# food recycling?



## reneeearle (Jan 20, 2004)

ok, so I had an idea on a business idea, tell me if I'm crazy or if there would be a thing for it. Would people and/or businesses pay to have their food recycled? If so, how would you charge? TIA


----------



## vicker (Jul 11, 2003)

Ok, there's a joke here.


----------



## cowbelle (Mar 5, 2009)

Do you mean to compost it either the regular way, or vermicomposting? They might pay a minimal amount for you to pick it up - getting them to separate it well from non compostable stuff can be difficult.


----------



## Terri (May 10, 2002)

If I were a potential customer I would want to know what was in it for me. Would I get compost in exchange?


----------



## fishhead (Jul 19, 2006)

The only way to find out is to ask. I've heard about a prison that runs it's kitchen waste through a worm bed that is 100+' long. The castings are put back into the garden but they could be sold and so could the worms.


----------



## cowbelle (Mar 5, 2009)

I agree that vermicomposting would be the way to go, if you're in a climate that would allow them to survive winters.
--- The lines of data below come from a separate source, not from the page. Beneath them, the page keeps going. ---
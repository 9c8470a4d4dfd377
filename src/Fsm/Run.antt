-- ===== src/Fsm/Run.antt =====
-- backend/app/services/fsm.py: the records of a run, the constants and the transition table.
-- Times are whole ticks of the caller's clock; `float` values that are no numbers are left out.
use proof_ops.Common.{
  ℕ, String, Bool, true, false, ◌||◌, Option, none, some, List, [], ◌∷◌, ltb, any, if◌then◌else◌,
  is_blank, Result, ok, err,
}
use proof_ops.Contracts.Enums.{
  IncidentStatus, new, triaging, correlated, investigating, diagnosing, planned, policy_check,
  blocked, awaiting_approval, approved, executing, verifying, resolved, rollback, escalated,
  rca_pending, rca_published, audited, status_eq,
}

-- Every `raise` of the file, one constructor for each message.
pub data Rejection : Type 0 where
  terminal_exit edge_not_allowed blank_ref replans_exhausted : Rejection
  deny_reason_missing rollback_repeated gate_refs_missing : Rejection
  permit_required permit_expired permit_replayed permit_pending : Rejection
  permit_misplaced permit_missing permit_blank : Rejection
  ttl_not_positive blank_id unknown_agent handoff_not_allowed : Rejection
  refs_required : Rejection

-- The exception class of a rejection.
pub data ErrorClass : Type 0 where
  fsm_error invalid_transition permit_rejected : ErrorClass

abbrev pub class_of : Rejection → ErrorClass
class_of terminal_exit = invalid_transition
class_of edge_not_allowed = invalid_transition
class_of blank_ref = invalid_transition
class_of replans_exhausted = invalid_transition
class_of deny_reason_missing = invalid_transition
class_of rollback_repeated = invalid_transition
class_of gate_refs_missing = invalid_transition
class_of permit_required = permit_rejected
class_of permit_expired = permit_rejected
class_of permit_replayed = permit_rejected
class_of permit_pending = permit_rejected
class_of permit_misplaced = permit_rejected
class_of permit_missing = permit_rejected
class_of permit_blank = permit_rejected
class_of _ = fsm_error

-- `TERMINAL`
abbrev pub is_terminal : IncidentStatus → Bool
is_terminal blocked = true
is_terminal audited = true
is_terminal _ = false

-- `TRANSITIONS`
abbrev pub transitions : IncidentStatus → List IncidentStatus
transitions new = triaging ∷ []
transitions triaging = correlated ∷ escalated ∷ []
transitions correlated = investigating ∷ escalated ∷ []
transitions investigating = diagnosing ∷ escalated ∷ []
transitions diagnosing = planned ∷ escalated ∷ []
transitions planned = policy_check ∷ diagnosing ∷ escalated ∷ []
transitions policy_check = blocked ∷ awaiting_approval ∷ approved ∷ []
transitions blocked = []
transitions awaiting_approval = approved ∷ escalated ∷ []
transitions approved = executing ∷ []
transitions executing = verifying ∷ []
transitions verifying = resolved ∷ rollback ∷ escalated ∷ []
transitions rollback = verifying ∷ []
transitions resolved = rca_pending ∷ []
transitions escalated = rca_pending ∷ []
transitions rca_pending = rca_published ∷ []
transitions rca_published = audited ∷ []
transitions audited = []

-- `to in TRANSITIONS[frm]`
abbrev pub allowed : IncidentStatus → IncidentStatus → Bool
allowed frm to = any (λ t. status_eq t to) (transitions frm)

abbrev pub max_replans : ℕ
max_replans = 2

-- `TTL_STAGES`
abbrev pub is_ttl_stage : IncidentStatus → Bool
is_ttl_stage triaging = true
is_ttl_stage correlated = true
is_ttl_stage investigating = true
is_ttl_stage diagnosing = true
is_ttl_stage planned = true
is_ttl_stage _ = false

pub record Permit : Type 0 where
  pub action_id : String
  pub params_hash : String
  pub expires_at : ℕ
  pub token_ref : String
  pub auto : Bool

-- `Permit.__post_init__`
unfoldable pub make_permit : Permit → Result Rejection Permit
make_permit p =
    if is_blank p.action_id || is_blank p.params_hash || is_blank p.token_ref
    then err permit_blank
    else ok p

-- `Permit.check_valid` raises unless this holds.
unfoldable pub is_live : Permit → ℕ → Bool
is_live p now = ltb now p.expires_at

pub record TransitionRecord : Type 0 where
  pub seq : ℕ
  pub frm : IncidentStatus
  pub to : IncidentStatus
  pub reason : String
  pub refs : List String
  pub forced : Bool
  pub at : ℕ

pub record Handoff : Type 0 where
  pub incident_id : String
  pub from_agent : String
  pub to_agent : String
  pub refs : List String

pub record Suppression : Type 0 where
  pub action_id : String
  pub execution_id : String

-- The mutable state of one incident; `R` is the type of what an executor returns.
pub record IncidentRun (R : Type 0) : Type 0 where
  pub incident_id : String
  pub state : IncidentStatus
  pub history : List TransitionRecord
  pub handoffs : List Handoff
  pub suppressions : List Suppression
  pub replans : ℕ
  pub rolled_back : Bool
  pub permit : Option Permit
  pub consumed_refs : List String
  pub idem_store : List ((String × String) × R)
  pub entered_at : IncidentStatus → Option ℕ

-- `run.entered_at[to] = ts`
abbrev pub entered : IncidentStatus → ℕ → (IncidentStatus → Option ℕ) → IncidentStatus → Option ℕ
entered to ts at s = if status_eq s to then some ts else at s

unfoldable pub new_run : {R : Type 0} → String → ℕ → Result Rejection (IncidentRun R)
new_run incident_id now =
    if is_blank incident_id
    then err blank_id
    else ok (record {
      incident_id = incident_id;
      state = new;
      history = [];
      handoffs = [];
      suppressions = [];
      replans = 0;
      rolled_back = false;
      permit = none;
      consumed_refs = [];
      idem_store = [];
      entered_at = entered new now (λ _. none);
    })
Where I am, I need to keep the worms inside and heated, which makes it difficult to do a large operation - they might survive in a huge pile situation, but the cold slows/stops their working. Since the composting worms like it at temps of 50+ to 75+, it is a major concern where temps get to below freezing for months. There is a lot of info on redwormcomposting.com, and the WormFarmingAlliance on Facebook. From what I see, the large commercial operations take a large investment in equipment to handle the material, but are certainly a valuable business for a community.


----------